October 2nd.—Flying-ants, male and female, usually swarm and migrate on hot sunny days in August and September: but this day a vast emigration took place in my garden, and myriads came forth, in appearance from the drain which goes under the fruit-wall, filling the air and the adjoining trees and shrubs with their numbers. The females were full of eggs. This late swarming is probably owing to the backward wet season. The day following, not one flying ant was to be seen.

Horse-ants travel home to their nests laden with flies which they have caught, and the aureliæ of smaller ants, which they seize by violence.—White.

In my "Naturalist's Calendar" for the year 1777, on September 6th, I find the following note to the article Flying Ants.

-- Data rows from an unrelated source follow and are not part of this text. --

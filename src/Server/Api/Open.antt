-- ===== src/Server/Api/Open.antt =====
-- services_opentunnel.go, services_closetunnel.go, services_describetunnel.go and
-- services_listtunnels.go. Decoding the request and encoding the answer are gin's work.
pub mod Lifetime
use securetunnel.Base.{
  ℕ, ◌+◌, ◌-◌, ◌*◌, ◌%◌, ◌^◌, Bool, List, [], ◌∷◌, ◌++◌, map, Option, none, some, Text, codes,
  length, eqb, ltb, if◌then◌else◌,
}
use securetunnel.Server.Id.{IdTokens, new_id_tokens}
use securetunnel.Server.Tunnel.{
  Tunnel, TunnelStatus, ConnStatus, Connection, Peer, Time, status, disconnected,
}
use securetunnel.Server.Store.{
  MemoryStore, get_tunnel, get_tunnels, add_tunnel, update_tunnel, delete_tunnel, get_connection,
}
use securetunnel.Server.World.{
  Services, World, Reason, failed_to_generate_id, failed_to_store_tunnel, failed_to_notify,
  tunnel_not_found, failed_to_update_tunnel, status_bad_request, status_internal_server_error,
  Reply, go, refuse, M, ◌>>=◌, ◌>>◌, pure, guard, or_refuse, commit, generated, deref,
}

pub record OpenTunnelRequest : Type 0 where
  pub services : List Text
  pub thing_name : Text
  pub timeout_minutes : ℕ
  pub payload : Text

pub record OpenTunnelResponse : Type 0 where
  pub tunnel_id : Text
  pub destination_token : Text
  pub source_token : Text

-- `time.Duration(minutes) * time.Minute`, an int64 of nanoseconds as its bit pattern.
abbrev pub minutes_duration : ℕ → ℕ
minutes_duration minutes = minutes * 60_000_000_000 % 2 ^ 64

-- `now.Add(d)`: a pattern from 2 ^ 63 on is negative.
abbrev pub add_duration : Time → ℕ → Time
add_duration now d = if ltb d (2 ^ 63) then now + d else now + d - 2 ^ 64

abbrev pub default_timeout : ℕ → ℕ
default_timeout minutes = if eqb minutes 0 then 720 else minutes

abbrev pub new_peer : Peer
new_peer = record { connection_id = codes ""; client_token = codes ""; num_of_conn = 0 }

-- The two `&Peer{}` are new entries at the end of the heap.
unfoldable pub new_tunnel : OpenTunnelRequest → IdTokens → Time → ℕ → Tunnel
new_tunnel args ids now heap_size =
    let minutes = default_timeout args.timeout_minutes in
    record {
      id = ids.tunnel_id;
      rev = 1;
      source_token = ids.source_token;
      source_peer = some heap_size;
      destination_token = ids.destination_token;
      destination_peer = some (heap_size + 1);
      services = args.services;
      thing_name = args.thing_name;
      timeout_minutes = minutes;
      payload = args.payload;
      lifetime_at = add_duration now (minutes_duration minutes);
      created_at = now;
      last_updated_at = now;
    }

abbrev pub alloc_tunnel : OpenTunnelRequest → IdTokens → Time → M Tunnel
alloc_tunnel args ids now w = (
  go (new_tunnel args ids now (length w.peers)),
  record w { peers = w.peers ++ (new_peer ∷ new_peer ∷ []) },
)

abbrev pub notify_or_delete : Services → Tunnel → M (Unit {0})
notify_or_delete svc tunnel w = elim (svc.notify tunnel) [
  | none ↦ (go tt, w)
  | some _ ↦ (
    refuse status_internal_server_error failed_to_notify,
    record w { store = delete_tunnel tunnel.id w.store },
  )
]

unfoldable pub open_tunnel : Services → OpenTunnelRequest → Time → M OpenTunnelResponse
unfolding new_tunnel
open_tunnel svc args now = do
  ids ← λ w.
      generated (new_id_tokens svc.id_token_gen svc.draws w.draw) status_internal_server_error
        failed_to_generate_id w
  tunnel ← alloc_tunnel args ids now
  λ w. commit (add_tunnel tunnel w.store) status_internal_server_error failed_to_store_tunnel w
  notify_or_delete svc tunnel
  pure (record {
    tunnel_id = tunnel.id;
    destination_token = tunnel.destination_token;
    source_token = tunnel.source_token;
  })

pub record CloseTunnelRequest : Type 0 where
  pub delete : Bool
  pub tunnel_id : Text

abbrev pub delete_if : Bool → Text → M (Unit {0})
delete_if b id w = (go tt, if b then record w { store = delete_tunnel id w.store } else w)

-- `CloseTunnel` behind `GetTunnel`. The tunnel may have been updated since it was read.
abbrev pub close_found : Tunnel → CloseTunnelRequest → Time → M (Unit {0})
close_found tunnel args now = do
  λ w.
      commit (update_tunnel (record tunnel { lifetime_at = now; last_updated_at = now }) w.store)
        status_internal_server_error failed_to_update_tunnel w
  delete_if args.delete args.tunnel_id

unfoldable pub close_tunnel : CloseTunnelRequest → Time → M (Unit {0})
close_tunnel args now = do
  tunnel ← λ w. or_refuse (get_tunnel args.tunnel_id w.store) status_bad_request tunnel_not_found w
  close_found tunnel args now

pub record ConnectionState : Type 0 where
  pub status : ConnStatus
  pub last_updated_at : Time

pub record DescribeTunnelResponse : Type 0 where
  pub tunnel_id : Text
  pub thing_name : Text
  pub timeout_minutes : ℕ
  pub payload : Text
  pub status : TunnelStatus
  pub dst_conn_state : ConnectionState
  pub src_conn_state : ConnectionState
  pub last_updated_at : Time
  pub created_at : Time

unfoldable pub connection_state : Option Connection → ConnectionState
connection_state none = record { status = disconnected; last_updated_at = 0 }
connection_state (some c) = record { status = c.status; last_updated_at = c.last_updated_at }

unfoldable pub describe_tunnel : Text → Time → M DescribeTunnelResponse
unfolding connection_state
describe_tunnel id now = do
  tunnel ← λ w. or_refuse (get_tunnel id w.store) status_bad_request tunnel_not_found w
  dst ← deref tunnel.destination_peer
  dst_conn_state ← λ w. (go (connection_state (get_connection dst.1.connection_id w.store)), w)
  src ← deref tunnel.source_peer
  src_conn_state ← λ w. (go (connection_state (get_connection src.1.connection_id w.store)), w)
  pure (record {
    tunnel_id = tunnel.id;
    thing_name = tunnel.thing_name;
    timeout_minutes = tunnel.timeout_minutes;
    payload = tunnel.payload;
    status = status tunnel now;
    dst_conn_state = dst_conn_state;
    src_conn_state = src_conn_state;
    last_updated_at = tunnel.last_updated_at;
    created_at = tunnel.created_at;
  })

pub record ListTunnelsTunnel : Type 0 where
  pub id : Text
  pub status : TunnelStatus
  pub thing_name : Text
  pub last_updated_at : Time

unfoldable pub list_tunnels : Time → World → List ListTunnelsTunnel
list_tunnels now w =
    map
      (λ t. record {
        id = t.id;
        status = status t now;
        thing_name = t.thing_name;
        last_updated_at = t.last_updated_at;
      })
      (get_tunnels w.store)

I saw a prodigious swarm of these ants flying about the top of some tall elm-trees (close by my house); some were continually dropping to the ground, as if from the trees, and others rising up from the ground; many of them were joined together in copulation; and I imagine their life is but short, for as soon as produced from the egg by the heat of the sun, they propagate their species, and soon after perish. They were black, somewhat like the small black ant, and had four wings. I saw also, at another place, a large sort, which were yellowish. On the 8th September, 1785, I again observed the same circumstance of a vast number of these insects flying near the tops of the elms and dropping to the ground.

On the 2nd March, 1777, I saw great numbers of ants come out of the ground.—Marwick.